Of the material below, the lines to be retyped are those from the line containing "(m : Result" through the line containing "unfolding step", inclusive; reproduce them exactly.

--- --- ---

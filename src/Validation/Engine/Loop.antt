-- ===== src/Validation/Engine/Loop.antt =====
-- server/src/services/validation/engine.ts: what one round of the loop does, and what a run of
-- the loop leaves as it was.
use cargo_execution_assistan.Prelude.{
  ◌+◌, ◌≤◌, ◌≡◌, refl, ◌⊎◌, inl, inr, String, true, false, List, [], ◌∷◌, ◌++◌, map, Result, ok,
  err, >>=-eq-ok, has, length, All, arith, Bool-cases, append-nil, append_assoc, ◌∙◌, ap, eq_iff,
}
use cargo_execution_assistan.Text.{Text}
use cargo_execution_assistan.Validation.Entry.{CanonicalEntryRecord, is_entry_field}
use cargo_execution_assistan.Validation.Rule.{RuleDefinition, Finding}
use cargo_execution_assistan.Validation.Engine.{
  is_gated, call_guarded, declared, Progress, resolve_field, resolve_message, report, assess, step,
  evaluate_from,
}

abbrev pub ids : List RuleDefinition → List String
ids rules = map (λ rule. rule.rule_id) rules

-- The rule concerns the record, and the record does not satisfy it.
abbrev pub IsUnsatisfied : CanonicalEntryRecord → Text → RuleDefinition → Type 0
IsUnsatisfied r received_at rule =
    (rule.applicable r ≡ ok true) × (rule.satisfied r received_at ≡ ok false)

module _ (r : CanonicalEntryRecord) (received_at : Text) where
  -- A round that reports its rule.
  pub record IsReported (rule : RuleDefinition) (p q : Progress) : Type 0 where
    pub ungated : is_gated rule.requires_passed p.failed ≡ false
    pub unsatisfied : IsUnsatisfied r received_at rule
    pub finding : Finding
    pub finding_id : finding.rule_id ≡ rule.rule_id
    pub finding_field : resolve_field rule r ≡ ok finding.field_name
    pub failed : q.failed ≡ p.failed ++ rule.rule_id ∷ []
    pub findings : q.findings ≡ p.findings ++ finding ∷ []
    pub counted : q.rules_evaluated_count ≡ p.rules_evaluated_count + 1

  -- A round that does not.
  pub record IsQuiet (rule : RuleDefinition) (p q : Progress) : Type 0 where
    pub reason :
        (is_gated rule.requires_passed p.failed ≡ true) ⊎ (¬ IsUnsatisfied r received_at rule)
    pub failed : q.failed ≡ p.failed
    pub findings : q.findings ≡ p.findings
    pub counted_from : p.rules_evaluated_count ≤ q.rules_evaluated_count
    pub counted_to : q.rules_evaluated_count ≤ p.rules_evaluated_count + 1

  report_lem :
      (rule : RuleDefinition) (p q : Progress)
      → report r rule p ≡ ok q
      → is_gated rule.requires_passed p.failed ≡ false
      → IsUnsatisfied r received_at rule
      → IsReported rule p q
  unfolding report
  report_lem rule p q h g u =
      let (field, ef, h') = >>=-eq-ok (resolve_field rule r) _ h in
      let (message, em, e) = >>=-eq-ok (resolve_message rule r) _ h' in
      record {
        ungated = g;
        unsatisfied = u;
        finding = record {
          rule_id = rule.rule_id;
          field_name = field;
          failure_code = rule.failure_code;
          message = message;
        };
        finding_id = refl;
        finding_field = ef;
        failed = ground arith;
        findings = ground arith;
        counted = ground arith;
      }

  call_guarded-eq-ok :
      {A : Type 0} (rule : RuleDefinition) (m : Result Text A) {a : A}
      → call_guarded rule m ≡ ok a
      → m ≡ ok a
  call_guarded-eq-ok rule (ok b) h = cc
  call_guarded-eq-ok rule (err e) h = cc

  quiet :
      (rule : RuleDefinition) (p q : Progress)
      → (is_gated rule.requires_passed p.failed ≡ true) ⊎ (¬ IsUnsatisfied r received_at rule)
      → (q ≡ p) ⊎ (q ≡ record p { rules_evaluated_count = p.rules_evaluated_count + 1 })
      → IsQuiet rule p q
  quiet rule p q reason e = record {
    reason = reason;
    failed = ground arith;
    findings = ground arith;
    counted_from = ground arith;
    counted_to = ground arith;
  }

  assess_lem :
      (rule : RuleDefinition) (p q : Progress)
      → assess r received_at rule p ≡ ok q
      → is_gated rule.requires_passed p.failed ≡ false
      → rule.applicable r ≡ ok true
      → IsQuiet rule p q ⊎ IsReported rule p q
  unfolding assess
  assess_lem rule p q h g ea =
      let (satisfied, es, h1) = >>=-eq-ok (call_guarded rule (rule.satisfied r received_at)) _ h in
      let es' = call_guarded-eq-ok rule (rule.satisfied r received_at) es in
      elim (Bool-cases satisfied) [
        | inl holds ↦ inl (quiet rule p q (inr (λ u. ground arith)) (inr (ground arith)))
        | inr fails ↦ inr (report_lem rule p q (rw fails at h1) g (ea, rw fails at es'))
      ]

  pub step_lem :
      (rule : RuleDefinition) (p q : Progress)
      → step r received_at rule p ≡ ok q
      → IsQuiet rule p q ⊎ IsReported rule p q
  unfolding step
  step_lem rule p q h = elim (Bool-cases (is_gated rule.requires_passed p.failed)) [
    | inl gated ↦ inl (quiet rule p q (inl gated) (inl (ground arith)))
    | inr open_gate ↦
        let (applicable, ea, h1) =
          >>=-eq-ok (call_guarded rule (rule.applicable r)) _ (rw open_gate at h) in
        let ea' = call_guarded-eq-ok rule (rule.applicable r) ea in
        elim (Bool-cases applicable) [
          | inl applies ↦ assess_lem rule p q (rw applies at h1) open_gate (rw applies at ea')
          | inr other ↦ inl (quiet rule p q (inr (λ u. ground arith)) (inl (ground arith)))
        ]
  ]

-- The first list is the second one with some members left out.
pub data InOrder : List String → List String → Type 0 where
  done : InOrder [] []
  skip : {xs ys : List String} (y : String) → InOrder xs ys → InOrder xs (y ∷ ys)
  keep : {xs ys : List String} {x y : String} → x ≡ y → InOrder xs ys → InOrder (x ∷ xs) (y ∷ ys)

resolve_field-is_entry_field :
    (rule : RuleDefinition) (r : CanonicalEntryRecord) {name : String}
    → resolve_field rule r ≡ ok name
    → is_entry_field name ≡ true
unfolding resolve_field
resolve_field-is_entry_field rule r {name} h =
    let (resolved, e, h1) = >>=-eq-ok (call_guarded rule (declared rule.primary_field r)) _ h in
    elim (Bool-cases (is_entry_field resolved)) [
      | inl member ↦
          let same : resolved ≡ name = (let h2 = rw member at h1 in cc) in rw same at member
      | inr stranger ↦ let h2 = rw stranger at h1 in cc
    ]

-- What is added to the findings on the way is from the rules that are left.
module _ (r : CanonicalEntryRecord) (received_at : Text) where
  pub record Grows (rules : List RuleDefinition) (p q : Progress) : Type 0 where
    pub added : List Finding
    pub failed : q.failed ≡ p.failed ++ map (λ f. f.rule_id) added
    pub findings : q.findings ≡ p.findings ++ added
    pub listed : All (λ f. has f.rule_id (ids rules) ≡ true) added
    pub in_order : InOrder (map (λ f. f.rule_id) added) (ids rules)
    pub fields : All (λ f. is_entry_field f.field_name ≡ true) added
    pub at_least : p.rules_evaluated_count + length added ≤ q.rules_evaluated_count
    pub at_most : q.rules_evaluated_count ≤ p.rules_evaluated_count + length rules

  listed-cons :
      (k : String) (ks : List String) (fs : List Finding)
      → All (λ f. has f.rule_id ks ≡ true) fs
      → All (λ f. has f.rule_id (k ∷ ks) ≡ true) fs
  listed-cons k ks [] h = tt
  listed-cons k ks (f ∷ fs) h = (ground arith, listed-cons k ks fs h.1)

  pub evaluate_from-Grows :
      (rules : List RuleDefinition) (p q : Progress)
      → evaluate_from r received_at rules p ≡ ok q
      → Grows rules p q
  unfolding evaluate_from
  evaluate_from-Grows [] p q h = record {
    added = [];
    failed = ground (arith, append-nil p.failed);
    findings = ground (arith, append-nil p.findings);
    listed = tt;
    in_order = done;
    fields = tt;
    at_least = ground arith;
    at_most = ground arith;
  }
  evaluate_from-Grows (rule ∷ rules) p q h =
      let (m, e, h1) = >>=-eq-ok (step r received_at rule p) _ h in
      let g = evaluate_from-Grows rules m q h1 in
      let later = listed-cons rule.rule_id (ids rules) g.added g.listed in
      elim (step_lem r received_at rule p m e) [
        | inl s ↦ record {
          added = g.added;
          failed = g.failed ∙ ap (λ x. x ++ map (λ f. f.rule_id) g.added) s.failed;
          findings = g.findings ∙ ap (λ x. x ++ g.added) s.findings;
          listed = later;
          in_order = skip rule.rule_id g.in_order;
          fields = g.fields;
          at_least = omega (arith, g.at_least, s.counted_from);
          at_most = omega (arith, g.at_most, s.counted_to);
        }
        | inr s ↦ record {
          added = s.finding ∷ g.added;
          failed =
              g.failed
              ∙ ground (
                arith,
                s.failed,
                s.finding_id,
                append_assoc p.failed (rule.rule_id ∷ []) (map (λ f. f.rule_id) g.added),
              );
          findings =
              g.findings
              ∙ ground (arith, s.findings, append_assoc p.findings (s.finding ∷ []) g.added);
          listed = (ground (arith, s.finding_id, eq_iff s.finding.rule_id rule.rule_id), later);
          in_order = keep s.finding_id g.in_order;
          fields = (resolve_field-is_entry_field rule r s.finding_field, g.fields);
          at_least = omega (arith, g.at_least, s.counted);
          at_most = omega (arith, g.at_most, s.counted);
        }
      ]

--- --- ---

ANSWER TO THIS TASK:
      {A : Type 0} (rule : RuleDefinition) (m : Result Text A) {a : A}
      → call_guarded rule m ≡ ok a
      → m ≡ ok a
  call_guarded-eq-ok rule (ok b) h = cc
  call_guarded-eq-ok rule (err e) h = cc

  quiet :
      (rule : RuleDefinition) (p q : Progress)
      → (is_gated rule.requires_passed p.failed ≡ true) ⊎ (¬ IsUnsatisfied r received_at rule)
      → (q ≡ p) ⊎ (q ≡ record p { rules_evaluated_count = p.rules_evaluated_count + 1 })
      → IsQuiet rule p q
  quiet rule p q reason e = record {
    reason = reason;
    failed = ground arith;
    findings = ground arith;
    counted_from = ground arith;
    counted_to = ground arith;
  }

  assess_lem :
      (rule : RuleDefinition) (p q : Progress)
      → assess r received_at rule p ≡ ok q
      → is_gated rule.requires_passed p.failed ≡ false
      → rule.applicable r ≡ ok true
      → IsQuiet rule p q ⊎ IsReported rule p q
  unfolding assess
  assess_lem rule p q h g ea =
      let (satisfied, es, h1) = >>=-eq-ok (call_guarded rule (rule.satisfied r received_at)) _ h in
      let es' = call_guarded-eq-ok rule (rule.satisfied r received_at) es in
      elim (Bool-cases satisfied) [
        | inl holds ↦ inl (quiet rule p q (inr (λ u. ground arith)) (inr (ground arith)))
        | inr fails ↦ inr (report_lem rule p q (rw fails at h1) g (ea, rw fails at es'))
      ]

  pub step_lem :
      (rule : RuleDefinition) (p q : Progress)
      → step r received_at rule p ≡ ok q
      → IsQuiet rule p q ⊎ IsReported rule p q
  unfolding step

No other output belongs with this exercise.